*** Block opens ***

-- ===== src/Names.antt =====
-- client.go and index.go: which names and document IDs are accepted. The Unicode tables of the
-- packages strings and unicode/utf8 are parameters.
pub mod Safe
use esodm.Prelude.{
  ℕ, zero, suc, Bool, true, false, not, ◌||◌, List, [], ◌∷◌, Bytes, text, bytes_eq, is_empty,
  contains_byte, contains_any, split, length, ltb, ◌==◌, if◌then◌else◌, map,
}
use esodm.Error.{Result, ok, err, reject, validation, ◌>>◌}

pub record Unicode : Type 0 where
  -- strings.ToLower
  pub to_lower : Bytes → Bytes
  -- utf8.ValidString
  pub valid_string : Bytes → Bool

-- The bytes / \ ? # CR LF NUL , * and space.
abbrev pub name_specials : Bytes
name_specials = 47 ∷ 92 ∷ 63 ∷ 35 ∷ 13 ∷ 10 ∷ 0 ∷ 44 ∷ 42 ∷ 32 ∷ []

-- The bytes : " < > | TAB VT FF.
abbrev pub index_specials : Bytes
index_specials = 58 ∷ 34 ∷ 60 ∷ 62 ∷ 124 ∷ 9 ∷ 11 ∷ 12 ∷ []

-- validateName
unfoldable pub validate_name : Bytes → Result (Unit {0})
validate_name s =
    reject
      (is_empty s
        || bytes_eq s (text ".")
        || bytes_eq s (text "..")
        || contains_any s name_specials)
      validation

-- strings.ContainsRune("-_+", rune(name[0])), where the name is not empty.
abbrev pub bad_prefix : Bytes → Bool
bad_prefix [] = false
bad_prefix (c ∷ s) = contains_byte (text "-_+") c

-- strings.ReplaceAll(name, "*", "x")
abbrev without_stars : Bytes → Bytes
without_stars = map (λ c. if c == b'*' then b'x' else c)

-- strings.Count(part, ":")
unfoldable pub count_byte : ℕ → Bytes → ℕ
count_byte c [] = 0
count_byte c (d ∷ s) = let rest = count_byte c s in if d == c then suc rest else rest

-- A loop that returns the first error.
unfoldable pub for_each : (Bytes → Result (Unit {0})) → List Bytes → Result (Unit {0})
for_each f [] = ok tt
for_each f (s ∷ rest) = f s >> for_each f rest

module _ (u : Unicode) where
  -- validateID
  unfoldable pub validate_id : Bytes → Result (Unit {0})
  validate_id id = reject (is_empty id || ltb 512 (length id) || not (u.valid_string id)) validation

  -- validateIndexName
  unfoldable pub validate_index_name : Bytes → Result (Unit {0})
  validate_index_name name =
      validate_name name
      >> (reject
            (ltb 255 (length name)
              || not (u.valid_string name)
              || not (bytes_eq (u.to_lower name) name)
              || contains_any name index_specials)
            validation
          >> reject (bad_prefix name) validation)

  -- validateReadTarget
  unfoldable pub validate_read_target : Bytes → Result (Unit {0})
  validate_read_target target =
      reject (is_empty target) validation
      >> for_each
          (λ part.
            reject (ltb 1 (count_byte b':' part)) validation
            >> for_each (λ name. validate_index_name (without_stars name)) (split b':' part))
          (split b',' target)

*** Block closes ***

=== WHAT THE TASK ASKS ===
Return only the number of lines in the listing that contain the word "reject".

=== WORKED SOLUTION ===
7